I have a alpine doe that I suspect is cystic, she cycles every month acts a bit bucky (rubbing on other does, "kisses" the does, fights with bucks), and never gets pregnant no matter how many times she gets bred. I have no goat vets in my area and cystorelin is a RX Med. So I was wondering if PG600 will work on her. She cycles, but never settles. And it would be a crying shame not to get a doe out of her, she is my prize milking, show stopping supreme grand champion ! I sold her last doe 4 years ago and I'm kicking myself for it.
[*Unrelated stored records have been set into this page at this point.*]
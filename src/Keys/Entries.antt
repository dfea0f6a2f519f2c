-- ===== src/Keys/Entries.antt =====
-- The entries that the restriction editors of web/app/settings/keys/page.tsx send.
use mathlib.Core.List.{append-nil, append_assoc}
use clawhum.Prelude.{
  ℕ, Bool, true, false, not, none, some, List, [], ◌∷◌, ◌++◌, map, filter, is_empty, all, All, ◌≡◌,
  refl, ◌∙◌, ap, arith, Bool-cases, inl, inr,
}
use clawhum.Prelude.Text.{Text, codes, trim, trim_start, trim_end, is_space, join}
use clawhum.Keys.Handlers.{
  ListEditor, is_separator, split_parts, parse_list, edit_list, save_list_begin,
}

abbrev pub is_plain : Text → Bool
is_plain t = all (λ c. not (is_separator c)) t

-- An entry is not empty and has no space and no comma.
abbrev pub IsEntry : Text → Type 0
IsEntry t = (is_empty t ≡ false) × (is_plain t ≡ true)

trim_end-plain : (t : Text) → is_plain t ≡ true → trim_end t ≡ t
unfolding trim_end
trim_end-plain [] h = refl
trim_end-plain (c ∷ t) h = ground (arith, trim_end-plain t)

plain-head :
    (c : ℕ) (t : Text) → is_plain (c ∷ t) ≡ true → (is_separator c ≡ false) × (is_plain t ≡ true)
plain-head c t h = ground arith

trim_start-plain : (t : Text) → is_plain t ≡ true → trim_start t ≡ t
unfolding trim_start
trim_start-plain [] h = refl
trim_start-plain (c ∷ t) h = ground (arith, plain-head c t h)

trim-plain : (t : Text) → is_plain t ≡ true → trim t ≡ t
unfolding trim
trim-plain t h = ap trim_end (trim_start-plain t h) ∙ trim_end-plain t h

plain-append :
    (t : Text) (c : ℕ) → is_plain t ≡ true → is_separator c ≡ false → is_plain (t ++ c ∷ []) ≡ true
plain-append [] c h k = ground arith
plain-append (d ∷ t) c h k = ground (arith, plain-append t c)

split_parts-plain :
    (cur s : Text) → is_plain cur ≡ true → All (λ t. is_plain t ≡ true) (split_parts cur s)
unfolding split_parts
split_parts-plain cur [] h = (h, tt)
split_parts-plain cur (c ∷ s) h = elim (Bool-cases (is_separator c)) [
  | inl e ↦ rw e (h, split_parts-plain [] s refl)
  | inr e ↦ rw e (split_parts-plain (cur ++ c ∷ []) s (plain-append cur c h e))
]

entries-kept :
    (parts : List Text)
    → All (λ t. is_plain t ≡ true) parts
    → All IsEntry (filter (λ s. not (is_empty s)) (map trim parts))
entries-kept [] h = tt
entries-kept (t ∷ parts) (h, k) = rw (trim-plain t h) (ground (arith, entries-kept parts k))

entries-parse_list : (draft : Text) → All IsEntry (parse_list draft)
unfolding parse_list
entries-parse_list draft = entries-kept (split_parts [] draft) (split_parts-plain [] draft refl)

split_parts-last : (cur t : Text) → is_plain t ≡ true → split_parts cur t ≡ (cur ++ t) ∷ []
unfolding split_parts
split_parts-last cur [] h = rw append-nil refl
split_parts-last cur (c ∷ t) h = rw (plain-head c t h).0 (
    split_parts-last (cur ++ c ∷ []) t (plain-head c t h).1
    ∙ ap (λ l. l ∷ []) (append_assoc cur (c ∷ []) t))

newline-separator : is_separator b'\n' ≡ true
unfolding is_space
newline-separator = refl

split_parts-next :
    (cur t s : Text)
    → is_plain t ≡ true
    → split_parts cur (t ++ (codes "\n" ++ s)) ≡ (cur ++ t) ∷ split_parts [] s
unfolding split_parts
split_parts-next cur [] s h = rw newline-separator (rw append-nil refl)
split_parts-next cur (c ∷ t) s h = rw (plain-head c t h).0 (
    split_parts-next (cur ++ c ∷ []) t s (plain-head c t h).1
    ∙ ap (λ l. l ∷ split_parts [] s) (append_assoc cur (c ∷ []) t))

kept :
    (parts : List Text)
    → All IsEntry parts
    → filter (λ s. not (is_empty s)) (map trim parts) ≡ parts
kept [] h = refl
kept (t ∷ parts) (h, k) = rw (trim-plain t h.1) (ground (arith, kept parts k))

split_parts-join :
    (t : Text) (ts : List Text)
    → All IsEntry (t ∷ ts)
    → split_parts [] (join (codes "\n") (t ∷ ts)) ≡ t ∷ ts
unfolding join
split_parts-join t [] (h, k) = split_parts-last [] t h.1
split_parts-join t (u ∷ ts) (h, k) =
    split_parts-next [] t (join (codes "\n") (u ∷ ts)) h.1
    ∙ ap (λ l. t ∷ l) (split_parts-join u ts k)

parse_list-join :
    (entries : List Text) → All IsEntry entries → parse_list (join (codes "\n") entries) ≡ entries
unfolding parse_list join
parse_list-join [] h = rw (trim-plain [] refl) refl
parse_list-join (t ∷ ts) h =
    ap (λ l. filter (λ s. not (is_empty s)) (map trim l)) (split_parts-join t ts h)
    ∙ kept (t ∷ ts) h

-- What the editor sends are entries that are not empty and have no comma and no space, whatever the draft
-- is. Where the list of a token consists of such entries, which addresses are, and is opened and saved
-- as it is while no list is being saved, the entries sent are those of the token, in order.
pub save_list-edit_list :
    (id draft : Text) (entries : List Text) (e : ListEditor)
    → All IsEntry entries
    → e.saving ≡ none
    → All IsEntry (parse_list draft)
      × (save_list_begin id (edit_list id entries e)
          ≡ some (record (edit_list id entries e) { saving = some id; err = none }, entries))
unfolding save_list_begin edit_list
save_list-edit_list id draft entries e h idle =
    (entries-parse_list draft, rw (save_list_begin, idle, parse_list-join entries h) refl)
I don't even have a buck from her anymore!
So will PG600 work on a short cycling, non settling, possibly cystic doe? If it will what's the dose? I don't know how to use CIDRS (spelling? ) or how to get them.
I've never had a doe with a reproduced problem like this.


----------



## ksalvagno (Oct 6, 2009)

If you already have it, you can certainly try it. No idea on dose though.


----------



## happybleats (Sep 12, 2010)

here is a bit of info I found..

Cystic ovaries occur when the follicles do not rupture and continue to produce estrogen. Heat cycles become become frequent (6-14 days) or nonexistent. Does may exhibit bucky behaviorby riding other does or being overly aggressive. If a doe with cystic ovaries is undiagnosed and untreated, she can become permanently sterile. These does eventually begin to look 'bucky.' If the condition is caught early, *a shot of chorionic gonadotrophin may restore reproductive function.*

If you suspect more than one doe of having cystic ovaries, your feeding program may be at fault. High estrogen levels in sweet clover and some alfalfa, or diets high in calcium and low in phosphorus may cause temporary problems.

There is evidence to support a hereditary predisposition to cystic ovaries from both the dam's side and the sire's side.

Another common theme is a 5-day cycle , a different condition than cystic ovaries. When this happens, the doe has a normal heat and the follicle matures but does not release the egg. The doe has another normal heat 5 to 7 days later, at which time the egg is released. There is diversity of opionion among experienced breeders about eggs not being released on the first of the 5-day cycles - some say that eggs can be released on both cycles and breed on both cycles to maximize the number of conceptuses. This condition may be related to the presence of multiple follicles - some rupture and some don't until the second heat.


----------



## happybleats (Sep 12, 2010)

dose for PG 600

no more than 1.5cc ...


----------



## Little-Bits-N-Pieces (Apr 7, 2013)

She comes in about every month for about 3 days. She is normally a normal seasonal breeder like alpines are.


----------



## happybleats (Sep 12, 2010)

I've not dealt with this but from what I read on the article sounds like you could be on the right track...I hope you work it all out..


----------



## mjs500doo (Nov 24, 2012)

Short cycle, non settling, cystic? 


My first choice would obviously be cystorelin. You can grab some from any large animal vet. Can't remember how far you said though. I don't like PG600 myself, but a lot of people do use it. 

If you want her to settle out, you can call up an AI tech of your choice (cattle). Sometimes we carry hormones under vet consent. Or all a vet. You'll want to kick-start her cycle. I might recommend starting an ov-synch program, (ETA-I personally don't use PG600, as i don't care for it) one that I follow:

Initial: 2cc lutalyse
10 days: 2cc lutalyse
Watch for signs of heat, follow up with the Am/Pm rule for typical AI breeding, or toss her in with the buck on day 8. 

Another that a commercial dairy uses:
Initial: 3cc lutalyse
7 days: 1cc cystorelin
14 days: 3cc lutalyse 
17 days: 1cc cystorelin and breed on this day AI or toss her in with the buck on day 14. 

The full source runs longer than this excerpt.